(CN) — What drove Russian President Vladimir Putin to invade Ukraine? Why has war returned to Europe?
For Volodymyr Ishchenko, a Ukrainian political sociologist at the Free University of Berlin, the horrors of war now destroying his country have come about by failures of leadership at multiple levels.
“On the global level, that's actually the crisis of the United States' hegemony,” Ishchenko said in a telephone interview with Courthouse News.
America's failure as a world leader allowed Russia's elites to see themselves as “somehow equal to the Western elites, to the American capitalists, to the European capitalists,” he said.
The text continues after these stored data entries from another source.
-- ===== src/Client/Scanned.antt =====
-- What the plan and the stream of a scanned folder are for a receiver.
use lanxfer.Base.{
  Result-cases, ℕ, ◌≡◌, refl, ap, sym, subst, ◌∙◌, inl, inr, Bool, List, [], ◌∷◌, ◌++◌, Option,
  some, Text, codes, arith, Bool-cases, Option-cases, ok, err, Result-unit-cases, All,
}
use lanxfer.Unicode.{Unicode}
use lanxfer.Server.Filename.{FilenameError, validate_filename}
use lanxfer.Server.Extract.{entry_path}
use lanxfer.Client.Paths.{trim_suffix-whole, trim_suffix-slash, accepted_path}
use lanxfer.Client.Scan.{
  Place, walk, plan_folder, scan_dir, with_tar_size, empty_plan, check_base, >>-ok, >>-first,
}
use lanxfer.Client.Accepted.{
  IsSent, AreAccepted, OkAccepted, scan_forest_accepted, count_files, content_of,
}
use lanxfer.Client.Stream.{
  Header, FileNow, IsSized, tar_size, StreamOutcome, write_tar-StreamOutcome,
}
use lanxfer.Client.{PlanEntry, DirPlan, header_name}

module _ (u : Unicode) (goos : Text) (done : Text → Bool) where
  read_back :
      (es : List PlanEntry)
      → All (IsSent u goos) es
      → All (λ (e : PlanEntry). entry_path u goos (header_name e) ≡ ok e.rel) es
  unfolding header_name
  read_back [] h = tt
  read_back (e ∷ es) h = (
    elim (Bool-cases e.is_dir) [
      | inl d ↦
          rw (d, header_name)
            (accepted_path u goos e.rel (e.rel ++ codes "/") h.0.0 (trim_suffix-slash u goos e.rel))
      | inr d ↦
          rw (d, header_name)
            (accepted_path u goos e.rel e.rel h.0.0 (trim_suffix-whole u goos e.rel h.0.0.0))
    ],
    read_back es h.1,
  )

  sized : (es : List PlanEntry) → All (IsSent u goos) es → All IsSized es
  sized [] h = tt
  sized (e ∷ es) h = (h.0.1, sized es h.1)

  walked :
      (p : Place) (plan : DirPlan)
      → validate_filename u p.base goos ≡ ok tt
      → walk u goos done p ≡ ok plan
      → AreAccepted u goos plan
  unfolding walk count_files content_of
  walked p plan v h = subst (OkAccepted u goos) (>>-ok _ _ h) (
      scan_forest_accepted u goos done p.below [] (empty_plan p.base) (inl refl)
        (v, tt, refl, refl))

  not_ok : (e : FilenameError) → check_base (err e) ≡ ok tt → ⊥
  unfolding check_base
  not_ok e h = cc

  planned :
      (p : Place) (plan : DirPlan) → plan_folder u goos done p ≡ ok plan → AreAccepted u goos plan
  unfolding plan_folder check_base
  planned p plan h = elim (Result-unit-cases (validate_filename u p.base goos)) [
    | inl v ↦ walked p plan v (>>-ok _ _ h)
    | inr (e, bad) ↦
        let based = >>-ok _ _ (>>-first _ _ (>>-first _ _ (>>-first _ _ h))) in
        absurd (not_ok e (sym (ap check_base bad) ∙ based))
  ]

  scanned :
      (header_len : Header → Option ℕ) (p : Place) (plan : DirPlan)
      → scan_dir u goos done header_len p ≡ ok plan
      → AreAccepted u goos plan × (tar_size header_len plan.entries ≡ some plan.tar_size)
  unfolding scan_dir with_tar_size
  scanned header_len p plan h = elim (Result-cases (plan_folder u goos done p)) [
    | inr (e, bad) ↦ absurd (ground (arith, h, bad))
    | inl (plan', got) ↦ elim (Option-cases (tar_size header_len plan'.entries)) [
      | inl unsized ↦ absurd (ground (arith, h, got, unsized))
      | inr (n, size) ↦
          let same : record plan' { tar_size = n } ≡ plan = ground (arith, h, got, size) in
          let all = planned p plan' got in
          subst
            (λ (q : DirPlan).
              AreAccepted u goos q × (tar_size header_len q.entries ≡ some q.tar_size))
            same (all, size)
    ]
  ]

  -- What a plan says, in the words of a receiver: its folder has an accepted name, the path of every
  -- entry is read as the scan wrote it, and the files and their bytes are those of the entries.
  abbrev pub IsReadBack : DirPlan → Type 0
  IsReadBack plan =
      (validate_filename u plan.name goos ≡ ok tt)
      × All (λ (e : PlanEntry). entry_path u goos (header_name e) ≡ ok e.rel) plan.entries
      × (plan.files ≡ count_files plan.entries)
      × (plan.content_size ≡ content_of plan.entries)

  -- A receiver on the same system accepts the name of every folder that ScanDir plans to send and
  -- the path of every entry of it, of files and of folders, and reads each as the path that the scan
  -- found; and the plan's numbers of files and of bytes are those of its entries.
  pub scan_dir-IsReadBack :
      (header_len : Header → Option ℕ) (p : Place) (plan : DirPlan)
      → scan_dir u goos done header_len p ≡ ok plan
      → IsReadBack plan
  scan_dir-IsReadBack header_len p plan h =
      let (a, t) = scanned header_len p plan h in (a.0, read_back plan.entries a.1, a.2, a.3)

  -- The stream of a scanned folder has exactly the length that the plan says, with the same lengths
  -- of headers, if every file can be read and has the size that it had in the scan, and else
  -- writeTar returns an error.
  pub scan_dir-StreamOutcome :
      (header_len : Header → Option ℕ) (now : PlanEntry → FileNow) (p : Place) (plan : DirPlan)
      → scan_dir u goos done header_len p ≡ ok plan
      → StreamOutcome header_len now plan.entries plan.tar_size
  scan_dir-StreamOutcome header_len now p plan h =
      let (a, t) = scanned header_len p plan h in
      write_tar-StreamOutcome header_len now plan.entries plan.tar_size (sized plan.entries a.1) t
Focusing on the politics of post-Soviet societies, he said states that emerged from the Soviet bloc were defined by a lack of national leadership.
“My analysis of the post-Soviet transformations was exactly taking this point about the crisis of hegemony – capacity of the ruling class to lead the whole society, not simply to dominate it but to actually present themselves as actual leaders in the development of society,” he said.
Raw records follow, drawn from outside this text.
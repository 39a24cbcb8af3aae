-- ===== src/Server/Messages/Delivered/Shown.antt =====
-- What the inbox shows and records of a message.
use lanxfer.Base.{
  ◌≤◌, ◌≡◌, ◌≢◌, ◌⊎◌, refl, sym, ap, ◌∙◌, Bool, true, false, [], ◌∷◌, ◌++◌, some, Text, append-nil,
  Result, ok, err, length,
}
use lanxfer.Netaddr.{AddrPort, unmap}
use lanxfer.History.{Entry, AppendError, append, version}
use lanxfer.Server.Terminal.{format_message}
use lanxfer.Server.Requests.{
  Config, Env, World, Request, Response, only, SenderInfo, sender_of, notify,
}
use lanxfer.Server.Requests.Reports.{Reported, is_sighted}
use lanxfer.Server.Messages.{max_message_size, message_entry, shown, store, told}

abbrev pub with_block : Text → World → World
with_block block w = record w { printed = w.printed ++ block ∷ [] }

-- Nothing was shown or reported.
pub record Unshown (w w' : World) : Type 0 where
  pub same_dir : w'.dir ≡ w.dir
  pub same_printed : w'.printed ≡ w.printed
  pub same_notices : w'.notices ≡ w.notices
  pub same_sightings : w'.sightings ≡ w.sightings

-- Of an entry that is shown: it is in the history where there is one.
abbrev Shown : Bool → Bool → Bool → Env → Entry → SenderInfo → Text → World → World → Type 0
Shown keeps notice sight env e snd block w w' =
    (keeps ≡ true → (append env.codec env.history_fs env.now e w.history).0 ≡ ok tt)
    × Reported keeps notice sight env e snd (with_block block w) w'

abbrev pub StoreOutcome :
    Bool → Bool → Env → Entry → SenderInfo → Text → World → Bool × World → Type 0
StoreOutcome keeps notice env e snd block w (true, w') =
    Shown keeps notice false env e snd block w w'
StoreOutcome keeps notice env e snd block w (false, w') = Unshown w w'

shown-StoreOutcome :
    (env : Env) (e : Entry) (snd : SenderInfo) (block : Text) (w : World)
    (res : Result AppendError (Unit {0}) × Text)
    → res ≡ append env.codec env.history_fs env.now e w.history
    → StoreOutcome true false env e snd block w (shown block w res)
unfolding shown
shown-StoreOutcome env e snd block w (err bad, after) h = record {
  same_dir = refl;
  same_printed = refl;
  same_notices = refl;
  same_sightings = refl;
}
shown-StoreOutcome env e snd block w (ok u, after) h = (
  λ k. ap (λ (x : Result AppendError (Unit {0}) × Text). x.0) (sym h),
  record {
    logged = ap (λ (x : Result AppendError (Unit {0}) × Text). x.1) h;
    noticed = sym (append-nil w.notices);
    sighted = sym (append-nil w.sightings);
    same_dir = refl;
    same_printed = refl;
  },
)

pub store-StoreOutcome :
    (keeps : Bool) (env : Env) (e : Entry) (snd : SenderInfo) (block : Text) (w : World)
    → StoreOutcome keeps false env e snd block w (store keeps env e block w)
unfolding store
store-StoreOutcome true env e snd block w =
    shown-StoreOutcome env e snd block w (append env.codec env.history_fs env.now e w.history) refl
store-StoreOutcome false env e snd block w = (
  λ h. cc,
  record {
    logged = refl;
    noticed = sym (append-nil w.notices);
    sighted = sym (append-nil w.sightings);
    same_dir = refl;
    same_printed = refl;
  },
)

notify-Reported :
    (notice keeps : Bool) (env : Env) (e : Entry) (snd : SenderInfo) (w mid : World)
    → Reported keeps false false env e snd w mid
    → Reported keeps notice false env e snd w (notify notice e mid)
unfolding notify
notify-Reported true keeps env e snd w mid h = record {
  logged = h.logged;
  noticed = ap (λ ns. ns ++ record e { v = version } ∷ []) (h.noticed ∙ append-nil w.notices);
  sighted = h.sighted;
  same_dir = h.same_dir;
  same_printed = h.same_printed;
}
notify-Reported false keeps env e snd w mid h = h

pub told-StoreOutcome :
    (cfg : Config) (keeps : Bool) (env : Env) (e : Entry) (snd : SenderInfo) (block : Text)
    (w : World) (res : Bool × World)
    → StoreOutcome keeps false env e snd block w res
    → StoreOutcome keeps cfg.has_notify env e snd block w (told cfg e res)
unfolding told
told-StoreOutcome cfg keeps env e snd block w (true, mid) (kept, h) =
    (kept, notify-Reported cfg.has_notify keeps env e snd (with_block block w) mid h)
told-StoreOutcome cfg keeps env e snd block w (false, mid) h = h

-- The message of a request that is answered with 204 (No Content).
abbrev pub Delivered : Config → Env → Request → AddrPort → World → World → Type 0
Delivered cfg env r remote w w' =
    let snd = sender_of env.net r in
    let addr = unmap remote.addr in
    Shown cfg.inbox_records cfg.has_notify (is_sighted cfg snd) env
      (message_entry env snd.name snd.id addr r.body) snd
      (format_message (env.show_time env.now) snd.name (env.net.show addr) r.body) w w'

abbrev pub MessageOutcome :
    (Text → Bool) → Config → Env → Request → World → Response × World → Type 0
MessageOutcome utf8_valid cfg env r w res =
    ((remote : AddrPort) × (res.0 ≡ only 204)
      × (env.net.parse_addr_port r.remote_addr ≡ some remote)
      × (length r.body ≢ 0)
      × (length r.body ≤ max_message_size)
      × (r.body_ok ≡ true)
      × (utf8_valid r.body ≡ true)
      × Delivered cfg env r remote w res.1)
    ⊎ ((res.0.status ≢ 204) × Unshown w res.1 × (res.0.status ≢ 500 → res.1.history ≡ w.history))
He said those who came to rule in post-Soviet Russia and elsewhere in the former Soviet bloc gained their power “through the stealing of the state.”
“When the Soviet Union was collapsing, those guys were basically stealing former state property and that's how they amassed their wealth,” he said.
He said the West viewed post-Soviet elites as illegitimate and unequal. Inside their own nations, post-Soviet elites – many of whom amassed great wealth in a matter of months – also were not regarded as legitimate “even by their own citizens,” he said.
“We understand that there is massive mistrust among Russian citizens and the citizens in other post-Soviet countries toward their own elites,” he said. “There's no legitimacy in that oligarchic wealth.”
Narrowing the lens even further, he said Russia has failed on the regional level to offer the old Soviet republics much reason to tie their futures in with Russia.
“It's again the crisis of hegemony in the meaning of not being capable to present an attractive soft power project to the former Soviet peripheries: to the former Soviet republics, Ukraine, Belarus, Kazakhstan, the Caucasian republics, Central Asia and so on,” Ishchenko said.
“Russia, for 30 years, could not present anything comparable to American soft power, to the European Union's soft power – the power of attraction,” he continued.
“Russia failed in doing this despite all the talk about Russian propaganda that influences the outcome of elections,” he said. “It has proved to be much weaker even in the closest states, in the neighboring states, and that's why this Euromaidan Revolution” happened.
The roots of the war in Ukraine go back to the so-called “Euromaidan Revolution.”
Over the winter of 2013 and 2014, a mass uprising broke out when former Ukrainian President Viktor Yanukovych scrapped a deal to bring Ukraine into closer alignment with the EU and instead opted to deepen relations with Russia.
Protesters took over Maidan Square at the center of Kyiv in November 2013 and stayed for months. The uprisingeventually turned violent under the influence of far-right radical nationalists.
The revolt was massively supported in western Ukraine, but also by many urban segments. In eastern and southern Ukraine, though, support was much weaker. Eventually, the violent uprising forced Yanukovych to flee to Russia and a pro-Western government was installed in Kyiv.
But the tensions within Ukraine only sharpened and worsened following the Euromaidan Revolution with Russia's annexation of Crimea and the breakout of armed conflict in Donbas, a region of eastern Ukraine. The war in Donbas carried on for eight years, killing about 14,000 civilians and forcing 2 million people from their homes.
Ishchenko said Russia decided to use coercion and military force to get its way in Ukraine.